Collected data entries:
'''

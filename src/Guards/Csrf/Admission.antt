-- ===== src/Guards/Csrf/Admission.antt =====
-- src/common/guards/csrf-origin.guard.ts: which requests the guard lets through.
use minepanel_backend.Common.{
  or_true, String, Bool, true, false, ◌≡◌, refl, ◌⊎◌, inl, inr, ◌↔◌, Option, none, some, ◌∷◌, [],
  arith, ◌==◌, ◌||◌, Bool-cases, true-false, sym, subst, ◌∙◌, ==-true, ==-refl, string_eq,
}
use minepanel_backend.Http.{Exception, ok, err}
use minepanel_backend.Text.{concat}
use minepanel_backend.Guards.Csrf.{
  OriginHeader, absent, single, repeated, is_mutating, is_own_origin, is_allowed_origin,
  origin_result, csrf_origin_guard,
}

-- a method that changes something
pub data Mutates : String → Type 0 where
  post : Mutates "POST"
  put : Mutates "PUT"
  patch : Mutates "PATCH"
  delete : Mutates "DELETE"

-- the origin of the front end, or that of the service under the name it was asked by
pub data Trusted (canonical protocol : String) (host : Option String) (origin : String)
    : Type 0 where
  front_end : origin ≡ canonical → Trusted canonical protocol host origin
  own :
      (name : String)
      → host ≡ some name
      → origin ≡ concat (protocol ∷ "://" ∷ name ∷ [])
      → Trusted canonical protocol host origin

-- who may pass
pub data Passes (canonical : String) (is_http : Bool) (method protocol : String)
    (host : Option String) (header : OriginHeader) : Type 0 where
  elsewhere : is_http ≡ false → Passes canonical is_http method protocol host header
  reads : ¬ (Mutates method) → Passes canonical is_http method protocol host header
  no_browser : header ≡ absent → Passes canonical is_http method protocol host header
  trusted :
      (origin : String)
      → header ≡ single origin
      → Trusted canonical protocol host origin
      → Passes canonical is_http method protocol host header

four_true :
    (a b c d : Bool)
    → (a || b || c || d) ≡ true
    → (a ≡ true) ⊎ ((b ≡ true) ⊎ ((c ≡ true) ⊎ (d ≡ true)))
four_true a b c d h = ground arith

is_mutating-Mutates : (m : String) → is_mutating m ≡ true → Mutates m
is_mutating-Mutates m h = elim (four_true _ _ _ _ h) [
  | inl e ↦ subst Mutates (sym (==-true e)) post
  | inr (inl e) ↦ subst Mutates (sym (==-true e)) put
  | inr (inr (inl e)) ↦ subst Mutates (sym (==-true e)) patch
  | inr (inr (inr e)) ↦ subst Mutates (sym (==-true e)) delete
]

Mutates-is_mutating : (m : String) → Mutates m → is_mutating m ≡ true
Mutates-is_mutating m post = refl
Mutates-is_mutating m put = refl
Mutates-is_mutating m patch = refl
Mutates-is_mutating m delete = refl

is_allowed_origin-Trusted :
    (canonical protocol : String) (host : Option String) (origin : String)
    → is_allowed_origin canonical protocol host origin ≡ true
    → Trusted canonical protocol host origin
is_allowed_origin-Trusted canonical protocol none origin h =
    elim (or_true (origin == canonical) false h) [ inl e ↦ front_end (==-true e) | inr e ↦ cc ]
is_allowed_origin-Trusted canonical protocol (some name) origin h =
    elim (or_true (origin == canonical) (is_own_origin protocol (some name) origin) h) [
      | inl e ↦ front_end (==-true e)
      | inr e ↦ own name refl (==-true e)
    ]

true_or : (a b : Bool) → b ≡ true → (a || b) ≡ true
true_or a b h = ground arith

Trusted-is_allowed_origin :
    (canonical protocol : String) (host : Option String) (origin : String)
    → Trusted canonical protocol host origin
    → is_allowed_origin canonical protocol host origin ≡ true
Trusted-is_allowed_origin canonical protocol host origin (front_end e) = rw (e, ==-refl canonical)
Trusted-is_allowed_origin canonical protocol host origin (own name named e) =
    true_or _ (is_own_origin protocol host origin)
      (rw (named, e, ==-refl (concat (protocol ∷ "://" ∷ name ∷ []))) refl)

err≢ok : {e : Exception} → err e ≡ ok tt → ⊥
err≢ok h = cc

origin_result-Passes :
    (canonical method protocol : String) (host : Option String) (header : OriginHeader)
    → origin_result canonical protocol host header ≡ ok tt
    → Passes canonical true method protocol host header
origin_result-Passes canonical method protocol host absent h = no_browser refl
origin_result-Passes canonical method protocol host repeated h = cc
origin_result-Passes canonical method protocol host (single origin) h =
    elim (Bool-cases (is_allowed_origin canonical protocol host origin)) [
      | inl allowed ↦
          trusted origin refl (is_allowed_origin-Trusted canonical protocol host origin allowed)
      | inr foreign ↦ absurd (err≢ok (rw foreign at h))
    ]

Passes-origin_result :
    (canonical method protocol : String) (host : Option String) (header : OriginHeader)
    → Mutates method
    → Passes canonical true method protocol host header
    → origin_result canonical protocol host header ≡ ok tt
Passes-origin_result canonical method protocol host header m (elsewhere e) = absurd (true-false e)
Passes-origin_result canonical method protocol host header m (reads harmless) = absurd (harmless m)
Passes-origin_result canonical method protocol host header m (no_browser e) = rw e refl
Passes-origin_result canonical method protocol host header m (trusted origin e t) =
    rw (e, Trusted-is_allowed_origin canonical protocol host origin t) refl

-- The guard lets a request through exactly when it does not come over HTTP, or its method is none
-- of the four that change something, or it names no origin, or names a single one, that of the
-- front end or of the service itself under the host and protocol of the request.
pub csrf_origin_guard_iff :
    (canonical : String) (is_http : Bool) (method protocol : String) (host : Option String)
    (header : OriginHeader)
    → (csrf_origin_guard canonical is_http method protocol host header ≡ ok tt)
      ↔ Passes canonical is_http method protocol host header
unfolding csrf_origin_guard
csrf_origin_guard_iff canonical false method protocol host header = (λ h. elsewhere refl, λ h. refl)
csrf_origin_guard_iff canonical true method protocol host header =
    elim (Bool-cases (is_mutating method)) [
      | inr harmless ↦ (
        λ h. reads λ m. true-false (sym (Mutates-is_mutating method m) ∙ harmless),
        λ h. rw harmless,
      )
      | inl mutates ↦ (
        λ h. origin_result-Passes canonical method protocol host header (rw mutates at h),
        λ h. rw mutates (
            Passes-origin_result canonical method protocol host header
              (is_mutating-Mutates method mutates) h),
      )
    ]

'''
'''

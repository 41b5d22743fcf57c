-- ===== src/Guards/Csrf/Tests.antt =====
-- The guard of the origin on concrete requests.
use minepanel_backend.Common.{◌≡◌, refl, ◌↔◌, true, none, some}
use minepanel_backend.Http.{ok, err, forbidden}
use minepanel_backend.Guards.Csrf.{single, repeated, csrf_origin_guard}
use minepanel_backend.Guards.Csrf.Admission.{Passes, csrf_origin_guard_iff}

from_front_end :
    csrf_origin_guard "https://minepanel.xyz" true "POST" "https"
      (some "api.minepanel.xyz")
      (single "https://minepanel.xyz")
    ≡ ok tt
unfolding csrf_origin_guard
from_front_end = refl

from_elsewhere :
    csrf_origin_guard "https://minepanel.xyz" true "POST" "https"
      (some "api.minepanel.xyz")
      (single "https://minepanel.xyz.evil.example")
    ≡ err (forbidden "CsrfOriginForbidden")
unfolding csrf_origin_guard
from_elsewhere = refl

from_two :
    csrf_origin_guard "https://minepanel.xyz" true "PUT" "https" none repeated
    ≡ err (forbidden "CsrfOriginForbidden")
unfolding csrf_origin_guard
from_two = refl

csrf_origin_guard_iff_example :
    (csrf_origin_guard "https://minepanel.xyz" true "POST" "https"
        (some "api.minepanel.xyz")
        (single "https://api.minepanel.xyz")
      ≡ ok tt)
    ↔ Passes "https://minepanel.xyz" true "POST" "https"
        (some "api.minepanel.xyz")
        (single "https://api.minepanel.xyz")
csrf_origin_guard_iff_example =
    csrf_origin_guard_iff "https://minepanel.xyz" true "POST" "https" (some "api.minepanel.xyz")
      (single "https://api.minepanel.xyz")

'''
'''

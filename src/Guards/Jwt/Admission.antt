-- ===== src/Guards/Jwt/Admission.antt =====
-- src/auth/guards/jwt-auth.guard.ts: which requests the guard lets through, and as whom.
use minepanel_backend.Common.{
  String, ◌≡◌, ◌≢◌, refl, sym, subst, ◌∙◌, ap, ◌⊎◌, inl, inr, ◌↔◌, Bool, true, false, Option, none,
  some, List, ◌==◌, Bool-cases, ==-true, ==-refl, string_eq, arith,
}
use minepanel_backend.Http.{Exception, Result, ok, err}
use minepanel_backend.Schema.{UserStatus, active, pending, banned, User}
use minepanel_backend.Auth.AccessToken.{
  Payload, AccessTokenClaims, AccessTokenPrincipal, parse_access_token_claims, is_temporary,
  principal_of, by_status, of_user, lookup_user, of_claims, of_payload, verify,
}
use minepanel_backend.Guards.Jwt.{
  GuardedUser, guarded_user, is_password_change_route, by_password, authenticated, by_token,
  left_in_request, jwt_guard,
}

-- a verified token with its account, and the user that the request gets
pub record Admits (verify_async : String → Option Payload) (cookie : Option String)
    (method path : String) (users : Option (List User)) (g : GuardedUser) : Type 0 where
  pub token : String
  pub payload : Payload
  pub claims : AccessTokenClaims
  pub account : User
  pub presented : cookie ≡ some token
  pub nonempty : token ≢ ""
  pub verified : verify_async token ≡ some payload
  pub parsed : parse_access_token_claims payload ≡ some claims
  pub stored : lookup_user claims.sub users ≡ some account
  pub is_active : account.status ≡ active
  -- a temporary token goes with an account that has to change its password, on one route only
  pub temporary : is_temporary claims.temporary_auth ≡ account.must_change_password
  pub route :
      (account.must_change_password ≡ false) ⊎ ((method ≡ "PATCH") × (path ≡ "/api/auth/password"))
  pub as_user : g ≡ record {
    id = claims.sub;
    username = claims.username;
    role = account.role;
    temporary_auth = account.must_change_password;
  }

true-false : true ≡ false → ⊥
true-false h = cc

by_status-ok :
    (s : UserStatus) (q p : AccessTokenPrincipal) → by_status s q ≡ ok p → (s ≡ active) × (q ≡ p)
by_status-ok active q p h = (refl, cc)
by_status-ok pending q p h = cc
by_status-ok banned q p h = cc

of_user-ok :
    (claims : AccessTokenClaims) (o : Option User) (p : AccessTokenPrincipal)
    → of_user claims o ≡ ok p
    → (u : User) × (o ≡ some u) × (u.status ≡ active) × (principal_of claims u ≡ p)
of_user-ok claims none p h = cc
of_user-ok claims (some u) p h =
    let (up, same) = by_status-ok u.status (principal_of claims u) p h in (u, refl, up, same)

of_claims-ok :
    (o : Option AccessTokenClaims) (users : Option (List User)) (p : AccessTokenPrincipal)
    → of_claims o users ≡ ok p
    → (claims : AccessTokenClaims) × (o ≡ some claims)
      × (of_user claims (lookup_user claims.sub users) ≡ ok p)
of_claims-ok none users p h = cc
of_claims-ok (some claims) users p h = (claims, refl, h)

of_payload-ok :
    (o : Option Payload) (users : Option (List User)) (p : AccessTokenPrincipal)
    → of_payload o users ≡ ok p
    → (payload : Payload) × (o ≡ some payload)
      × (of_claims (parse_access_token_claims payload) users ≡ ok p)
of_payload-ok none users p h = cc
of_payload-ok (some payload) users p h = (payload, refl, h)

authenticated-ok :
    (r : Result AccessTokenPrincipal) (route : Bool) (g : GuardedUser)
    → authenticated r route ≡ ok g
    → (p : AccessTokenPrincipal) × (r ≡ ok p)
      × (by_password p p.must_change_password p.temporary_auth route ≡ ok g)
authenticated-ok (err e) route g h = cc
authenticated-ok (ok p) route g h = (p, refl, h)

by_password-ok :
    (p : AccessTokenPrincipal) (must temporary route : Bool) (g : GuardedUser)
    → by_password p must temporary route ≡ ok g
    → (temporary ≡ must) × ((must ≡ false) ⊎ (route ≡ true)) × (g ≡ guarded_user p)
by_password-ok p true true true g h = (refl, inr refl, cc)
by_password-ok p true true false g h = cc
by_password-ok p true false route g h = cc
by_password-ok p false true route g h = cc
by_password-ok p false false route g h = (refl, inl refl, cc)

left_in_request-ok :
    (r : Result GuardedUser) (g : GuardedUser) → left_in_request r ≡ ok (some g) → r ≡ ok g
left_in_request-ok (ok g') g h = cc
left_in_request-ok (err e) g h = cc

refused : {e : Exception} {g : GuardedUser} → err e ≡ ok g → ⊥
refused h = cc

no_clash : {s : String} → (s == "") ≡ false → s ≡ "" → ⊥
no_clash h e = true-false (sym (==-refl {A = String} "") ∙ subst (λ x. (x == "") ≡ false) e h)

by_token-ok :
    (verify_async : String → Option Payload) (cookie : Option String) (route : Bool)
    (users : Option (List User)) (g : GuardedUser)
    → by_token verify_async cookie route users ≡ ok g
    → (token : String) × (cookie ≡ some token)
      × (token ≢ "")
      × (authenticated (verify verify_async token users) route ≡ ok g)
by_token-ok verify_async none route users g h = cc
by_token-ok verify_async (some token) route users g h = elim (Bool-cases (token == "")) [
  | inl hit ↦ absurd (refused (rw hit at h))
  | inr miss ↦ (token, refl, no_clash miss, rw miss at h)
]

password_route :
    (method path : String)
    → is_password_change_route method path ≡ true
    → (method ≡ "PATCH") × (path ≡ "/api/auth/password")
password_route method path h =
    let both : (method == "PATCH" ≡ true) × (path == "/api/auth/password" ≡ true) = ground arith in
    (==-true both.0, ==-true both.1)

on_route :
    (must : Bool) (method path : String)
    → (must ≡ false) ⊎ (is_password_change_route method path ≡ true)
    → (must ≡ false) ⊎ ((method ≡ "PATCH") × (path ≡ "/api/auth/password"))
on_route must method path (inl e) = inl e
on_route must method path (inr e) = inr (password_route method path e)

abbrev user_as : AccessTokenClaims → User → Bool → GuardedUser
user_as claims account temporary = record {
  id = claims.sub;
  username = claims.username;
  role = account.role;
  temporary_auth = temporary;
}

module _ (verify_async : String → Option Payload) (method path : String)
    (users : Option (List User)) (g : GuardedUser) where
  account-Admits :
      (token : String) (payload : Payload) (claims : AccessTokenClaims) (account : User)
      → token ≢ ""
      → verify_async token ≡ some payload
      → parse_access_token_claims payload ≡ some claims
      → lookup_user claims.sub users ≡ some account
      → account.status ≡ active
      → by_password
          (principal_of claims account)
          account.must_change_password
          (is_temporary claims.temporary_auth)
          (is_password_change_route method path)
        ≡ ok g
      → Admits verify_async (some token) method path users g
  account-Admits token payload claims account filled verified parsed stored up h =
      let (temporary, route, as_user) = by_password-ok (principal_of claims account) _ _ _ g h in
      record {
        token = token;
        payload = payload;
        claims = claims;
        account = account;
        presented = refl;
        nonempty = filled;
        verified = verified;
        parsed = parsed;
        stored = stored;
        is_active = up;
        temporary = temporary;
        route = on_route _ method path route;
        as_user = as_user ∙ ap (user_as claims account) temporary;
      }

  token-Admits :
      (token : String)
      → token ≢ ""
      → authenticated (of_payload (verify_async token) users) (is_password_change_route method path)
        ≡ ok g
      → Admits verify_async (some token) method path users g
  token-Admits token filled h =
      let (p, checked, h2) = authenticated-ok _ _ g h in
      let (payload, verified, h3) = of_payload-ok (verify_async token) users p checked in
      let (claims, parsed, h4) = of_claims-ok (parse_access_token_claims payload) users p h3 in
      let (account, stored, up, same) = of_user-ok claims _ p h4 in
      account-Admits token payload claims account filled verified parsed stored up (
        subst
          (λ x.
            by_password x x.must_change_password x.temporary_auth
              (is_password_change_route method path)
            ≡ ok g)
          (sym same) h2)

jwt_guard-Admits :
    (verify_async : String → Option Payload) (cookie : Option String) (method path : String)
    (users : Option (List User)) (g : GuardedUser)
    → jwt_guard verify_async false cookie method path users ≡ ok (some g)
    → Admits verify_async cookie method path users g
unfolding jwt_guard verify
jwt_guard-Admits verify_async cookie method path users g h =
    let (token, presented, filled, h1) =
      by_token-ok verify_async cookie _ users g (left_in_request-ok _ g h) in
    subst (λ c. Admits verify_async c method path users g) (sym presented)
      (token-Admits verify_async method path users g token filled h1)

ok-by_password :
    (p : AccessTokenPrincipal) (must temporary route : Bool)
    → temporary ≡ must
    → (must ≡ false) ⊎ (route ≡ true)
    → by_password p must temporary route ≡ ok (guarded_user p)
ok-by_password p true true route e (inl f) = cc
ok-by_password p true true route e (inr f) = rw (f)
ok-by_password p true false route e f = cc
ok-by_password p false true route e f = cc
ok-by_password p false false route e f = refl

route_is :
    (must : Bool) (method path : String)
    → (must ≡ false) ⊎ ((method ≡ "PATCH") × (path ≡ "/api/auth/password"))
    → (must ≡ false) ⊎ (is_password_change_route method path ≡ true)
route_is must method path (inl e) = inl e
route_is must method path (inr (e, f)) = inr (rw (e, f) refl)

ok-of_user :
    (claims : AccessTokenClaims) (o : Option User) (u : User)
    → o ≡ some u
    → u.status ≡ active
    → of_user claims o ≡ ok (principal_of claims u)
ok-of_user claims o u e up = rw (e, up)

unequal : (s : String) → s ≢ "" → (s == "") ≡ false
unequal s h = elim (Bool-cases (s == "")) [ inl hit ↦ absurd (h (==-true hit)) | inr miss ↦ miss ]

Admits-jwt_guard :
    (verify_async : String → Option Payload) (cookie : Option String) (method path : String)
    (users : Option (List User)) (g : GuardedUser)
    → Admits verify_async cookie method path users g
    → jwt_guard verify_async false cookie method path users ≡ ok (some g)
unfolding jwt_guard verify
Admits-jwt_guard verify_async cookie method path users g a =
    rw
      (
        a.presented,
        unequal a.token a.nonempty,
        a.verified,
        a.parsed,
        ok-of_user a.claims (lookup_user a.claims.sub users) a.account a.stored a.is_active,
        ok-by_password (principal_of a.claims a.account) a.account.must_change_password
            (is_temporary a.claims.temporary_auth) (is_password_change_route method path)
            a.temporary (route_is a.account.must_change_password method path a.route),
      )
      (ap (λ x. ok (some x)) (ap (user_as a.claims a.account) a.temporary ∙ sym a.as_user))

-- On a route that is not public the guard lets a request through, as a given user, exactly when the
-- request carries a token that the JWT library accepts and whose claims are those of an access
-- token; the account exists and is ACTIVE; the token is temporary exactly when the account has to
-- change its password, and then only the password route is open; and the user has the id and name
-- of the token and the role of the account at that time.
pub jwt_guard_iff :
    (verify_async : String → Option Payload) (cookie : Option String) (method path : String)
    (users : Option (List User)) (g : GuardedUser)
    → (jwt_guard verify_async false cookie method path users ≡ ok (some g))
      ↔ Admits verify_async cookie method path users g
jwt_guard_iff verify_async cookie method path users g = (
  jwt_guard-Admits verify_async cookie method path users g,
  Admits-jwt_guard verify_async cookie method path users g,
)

'''

--- DIRECTIONS ---
Working from the records above, write out verbatim only the lines from the line containing "err e ≡ ok g → ⊥" through the line containing "module _ (verify_async".

--- ANSWER ---
refused : {e : Exception} {g : GuardedUser} → err e ≡ ok g → ⊥
refused h = cc

no_clash : {s : String} → (s == "") ≡ false → s ≡ "" → ⊥
no_clash h e = true-false (sym (==-refl {A = String} "") ∙ subst (λ x. (x == "") ≡ false) e h)

by_token-ok :
    (verify_async : String → Option Payload) (cookie : Option String) (route : Bool)
    (users : Option (List User)) (g : GuardedUser)
    → by_token verify_async cookie route users ≡ ok g
    → (token : String) × (cookie ≡ some token)
      × (token ≢ "")
      × (authenticated (verify verify_async token users) route ≡ ok g)
by_token-ok verify_async none route users g h = cc
by_token-ok verify_async (some token) route users g h = elim (Bool-cases (token == "")) [
  | inl hit ↦ absurd (refused (rw hit at h))
  | inr miss ↦ (token, refl, no_clash miss, rw miss at h)
]

password_route :
    (method path : String)
    → is_password_change_route method path ≡ true
    → (method ≡ "PATCH") × (path ≡ "/api/auth/password")
password_route method path h =
    let both : (method == "PATCH" ≡ true) × (path == "/api/auth/password" ≡ true) = ground arith in
    (==-true both.0, ==-true both.1)

on_route :
    (must : Bool) (method path : String)
    → (must ≡ false) ⊎ (is_password_change_route method path ≡ true)
    → (must ≡ false) ⊎ ((method ≡ "PATCH") × (path ≡ "/api/auth/password"))
on_route must method path (inl e) = inl e
on_route must method path (inr e) = inr (password_route method path e)

abbrev user_as : AccessTokenClaims → User → Bool → GuardedUser
user_as claims account temporary = record {
  id = claims.sub;
  username = claims.username;
  role = account.role;
  temporary_auth = temporary;
}

module _ (verify_async : String → Option Payload) (method path : String)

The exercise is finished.